American Osteopathic Board of Neuromusculoskeletal Medicine
- Abbreviation: AOBNMM
- Formation: 1977
- Type: Professional
- Headquarters: Chicago, Illinois
- Coordinates: 39°55′13″N 86°13′21″W﻿ / ﻿39.9204°N 86.2226°W
- Chair: Barbara Zajdel, DO, FAAO
- Vice Chairman: Ryan Seals, DO
- Website: aobnmm.org

= American Osteopathic Board of Neuromusculoskeletal Medicine =

The American Osteopathic Board of Neuromusculoskeletal Medicine (AOBNMM) is an organization that provides board certification to qualified Doctors of Osteopathic Medicine (DO), and Medical Doctors (MD) in the medical specialty of osteopathic neuromusculoskeletal medicine (ONMM). The AOBNMM is one of 18 medical specialty certifying boards of the American Osteopathic Association Bureau of Osteopathic Specialists approved by the American Osteopathic Association (AOA). As of December 2022, over 1000 osteopathic physicians hold active certification with the AOBNMM.
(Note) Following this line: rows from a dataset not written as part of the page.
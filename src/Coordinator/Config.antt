-- ===== src/Coordinator/Config.antt =====
-- coordinator/src/config.rs: the sections of the configuration and their validation at startup.
pub mod Valid
pub mod Lists
pub mod Defaults
use blindjoin.Prelude.{
  ℕ, Bool, ◌&&◌, ◌||◌, List, [], ◌∷◌, ◌++◌, ltb, leb, if◌then◌else◌, Result, ok, err, ◌>>=◌, ◌>>◌,
  ensure, sat_add64, sat_mul64,
}
use blindjoin.Prelude.Eq.{Text, ◌==◌, codes, bytes_eq}
use blindjoin.External.{Network, bitcoin, testnet, signet, regtest}
use blindjoin.Shared.Script.{ScriptType, p2wpkh, p2tr, p2sh_p2wpkh}

pub data ConfigError : Type 0 where
  unknown_network : Text → ConfigError
  min_participants_low min_above_max max_participants_high : ConfigError
  denomination_dust fee_rate_zero zero_timeout : ConfigError
  info_rate_range writes_rate_range : ConfigError
  no_connections zero_request_timeout : ConfigError
  no_script_type output_type_not_allowed : ConfigError

unfoldable pub parse_bitcoin_network : Text → Result ConfigError Network
parse_bitcoin_network s =
    if s == codes "mainnet" || s == codes "bitcoin"
    then ok bitcoin
    else if s == codes "testnet" || s == codes "testnet4"
    then ok testnet
    else if s == codes "signet"
    then ok signet
    else if s == codes "regtest"
    then ok regtest
    else err (unknown_network s)

pub record NetworkConfig : Type 0 where
  pub bitcoin_network : Text
  pub bitcoin_rpc_url : Text
  pub bitcoin_rpc_user : Text
  pub bitcoin_rpc_pass : Text

pub record CoordinatorSection : Type 0 where
  pub denomination_sats : ℕ  -- u64
  pub min_participants : ℕ  -- u32
  pub max_participants : ℕ  -- u32
  pub round_timeout_input_reg_secs : ℕ  -- u64
  pub round_timeout_output_reg_secs : ℕ  -- u64
  pub round_timeout_signing_secs : ℕ  -- u64
  pub blame_ban_duration_secs : ℕ  -- u64
  pub fee_rate_sat_per_vbyte : ℕ  -- u64
  pub listen_addr : Text
  pub ban_file_path : Text
  pub rate_limit_info_per_min : ℕ  -- u32
  pub rate_limit_writes_per_min : ℕ  -- u32
  pub request_timeout_secs : ℕ  -- u64
  pub max_concurrent_connections : ℕ  -- u32
  pub tor_mode : Bool
  pub blame_full_abort_backoff_secs : ℕ  -- u64

pub record DiscoveryConfig : Type 0 where
  pub pkarr_key_file : Text
  pub heartbeat_interval_secs : ℕ  -- u64
  pub coordinator_public_addr : Text

pub record BipConfig : Type 0 where
  pub allow_p2wpkh : Bool
  pub allow_p2tr : Bool
  pub allow_p2sh_p2wpkh : Bool
  pub output_script_type : ScriptType

unfoldable pub allows : BipConfig → ScriptType → Bool
allows c p2wpkh = c.allow_p2wpkh
allows c p2tr = c.allow_p2tr
allows c p2sh_p2wpkh = c.allow_p2sh_p2wpkh

-- `if b { v.push(st) }`
abbrev pub push_if : Bool → ScriptType → List ScriptType → List ScriptType
push_if b st v = if b then v ++ st ∷ [] else v

unfoldable pub supported : BipConfig → List ScriptType
supported c =
    push_if c.allow_p2wpkh p2wpkh
      (push_if c.allow_p2tr p2tr (push_if c.allow_p2sh_p2wpkh p2sh_p2wpkh []))

-- The `filter_map` over the array of flags and types.
unfoldable pub allowed_of : List (Bool × ScriptType) → List ScriptType
allowed_of [] = []
allowed_of ((allowed, st) ∷ rest) =
    let tail = allowed_of rest in if allowed then st ∷ tail else tail

unfoldable pub allowed_set : BipConfig → List ScriptType
unfolding allowed_of
allowed_set c =
    allowed_of
      ((c.allow_p2wpkh, p2wpkh) ∷ (c.allow_p2tr, p2tr) ∷ (c.allow_p2sh_p2wpkh, p2sh_p2wpkh) ∷ [])

unfoldable pub validate_bip : BipConfig → Result ConfigError (Unit {0})
unfolding allows
validate_bip c = do
  ensure (c.allow_p2wpkh || (c.allow_p2tr || c.allow_p2sh_p2wpkh)) no_script_type
  ensure (allows c c.output_script_type) output_type_not_allowed

pub record CoordinatorConfig : Type 0 where
  pub network : NetworkConfig
  pub coordinator : CoordinatorSection
  pub discovery : DiscoveryConfig
  pub bip : BipConfig

unfoldable pub validate : CoordinatorConfig → Result ConfigError (Unit {0})
unfolding parse_bitcoin_network validate_bip
validate cfg = do
  network ← parse_bitcoin_network cfg.network.bitcoin_network
  let c = cfg.coordinator
  ensure (leb 2 c.min_participants) min_participants_low
  ensure (leb c.min_participants c.max_participants) min_above_max
  ensure (leb c.max_participants 100) max_participants_high
  ensure (leb 546 c.denomination_sats) denomination_dust
  ensure (leb 1 c.fee_rate_sat_per_vbyte) fee_rate_zero
  ensure
      (leb 1 c.round_timeout_input_reg_secs
        && (leb 1 c.round_timeout_output_reg_secs && leb 1 c.round_timeout_signing_secs))
      zero_timeout
  ensure (leb 1 c.rate_limit_info_per_min && leb c.rate_limit_info_per_min 60000) info_rate_range
  ensure (leb 1 c.rate_limit_writes_per_min && leb c.rate_limit_writes_per_min 60000)
      writes_rate_range
  ensure (leb 1 c.max_concurrent_connections) no_connections
  ensure (leb 1 c.request_timeout_secs) zero_request_timeout
  validate_bip cfg.bip

unfoldable pub broadcast_watchdog_secs : CoordinatorConfig → ℕ
broadcast_watchdog_secs cfg =
    let t = sat_add64 30 (sat_mul64 15 cfg.coordinator.max_participants) in
    if ltb 3600 t then 3600 else t
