-- ===== src/Service/Intake.antt =====
-- AddDirectory, StageFiles and stageOneFile of internal/bt/service.go.
pub mod Effects
use bt_go.Prelude.{
  ℕ, ◌≡◌, Bool, true, false, Option, none, some, List, [], ◌∷◌, Text, length, Result, ok, err,
  not_a_directory, not_tracked, not_in_tracked_directory, file_ignored, Act, lift, reads, pure,
  fail, continue, ◌>>=◌, ◌>>◌,
}
use bt_go.Models.{Directory}
use bt_go.Filesystem.{FilePath, FilesystemManager}
use bt_go.FilePaths.{rel}
use bt_go.Staging.Store.{StagingStore}
use bt_go.Staging.Area.{stage}
use bt_go.Database.Sqlite.{Sources, Sqlite, find_directory_by_path, search_directory_for_path}
use bt_go.Database.Consolidation.{create_directory}

-- A directory that is tracked already is left as it is, whatever `encrypted` says.
unfoldable pub add_directory : Sources → FilePath → Bool → Act Sqlite (Unit {0})
add_directory env path encrypted = elim path.is_dir [
  | false ↦ fail not_a_directory
  | true ↦ do
    existing ← reads (find_directory_by_path path.abs_path)
    elim existing [
      | some _ ↦ pure tt
      | none ↦ do create_directory env path.abs_path encrypted; pure tt
    ]
]

module _ {S : Type 0} (store : StagingStore S) (fsmgr : FilesystemManager) (max_size : ℕ)
    (db : Sqlite) where
  unfoldable pub stage_in : Directory → FilePath → Act S (Unit {0})
  stage_in directory path = do
    ignored ← lift (fsmgr.is_ignored path directory.path)
    elim ignored [
      | true ↦ fail file_ignored
      | false ↦ do
        relative_path ← lift (rel directory.path path.abs_path)
        stage store fsmgr max_size directory relative_path path
    ]

  unfoldable pub stage_one_file : FilePath → Act S (Unit {0})
  unfolding stage_in
  stage_one_file path = do
    found ← lift (search_directory_for_path path.abs_path db)
    elim found [ none ↦ fail not_in_tracked_directory | some directory ↦ stage_in directory path ]

  unfoldable pub stage_each : List FilePath → Act S (Unit {0})
  unfolding stage_one_file
  stage_each [] = pure tt
  stage_each (file ∷ files) = do stage_one_file file; stage_each files

  -- The directory itself, or else one that it lies in.
  unfoldable pub tracking_directory : Text → Result (Option Directory)
  tracking_directory path = elim (find_directory_by_path path db) [
    | err e ↦ err e
    | ok (some directory) ↦ ok (some directory)
    | ok none ↦ search_directory_for_path path db
  ]

  unfoldable pub stage_found : List FilePath → Act S ℕ
  unfolding stage_each
  stage_found files = do stage_each files; pure (length files)

  -- StageFiles for a file and for a directory.
  unfoldable pub stage_kind : FilePath → Bool → Bool → Act S ℕ
  unfolding stage_found tracking_directory
  stage_kind path recursive false = do stage_one_file path; pure 1
  stage_kind path recursive true = do
    directory ← lift (tracking_directory path.abs_path)
    elim directory [
      | none ↦ fail not_tracked
      | some _ ↦ do files ← lift (fsmgr.find_files path recursive); stage_found files
    ]

  unfoldable pub stage_files : FilePath → Bool → Act S ℕ
  unfolding stage_kind
  stage_files path recursive = stage_kind path recursive path.is_dir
The AOBNMM also offers a Certificate of Added Qualification in Sports Medicine.
==Board certification==
Certification is potentially available to physicians who have completed residency training in osteopathic neuromusculoskeletal medicine/osteopathic manipulative medicine (NMM/OMM) and hold an active license to practice medicine in any US state, territory, or Canada. Successful completion of written, oral, and practical examinations is also required for certification.

Board certification in neuromusculoskeletal medicine/osteopathic manipulative medicine (NMM/OMM) is required of physicians to chair an osteopathic manipulative medicine department at a medical school or to serve as a director for an ONMM residency program. Since 1995, diplomates of the American Osteopathic Board of Neuromusculoskeletal Medicine must participate in Longitudinal Assessment yearly to avoid inactivation of their board certification status.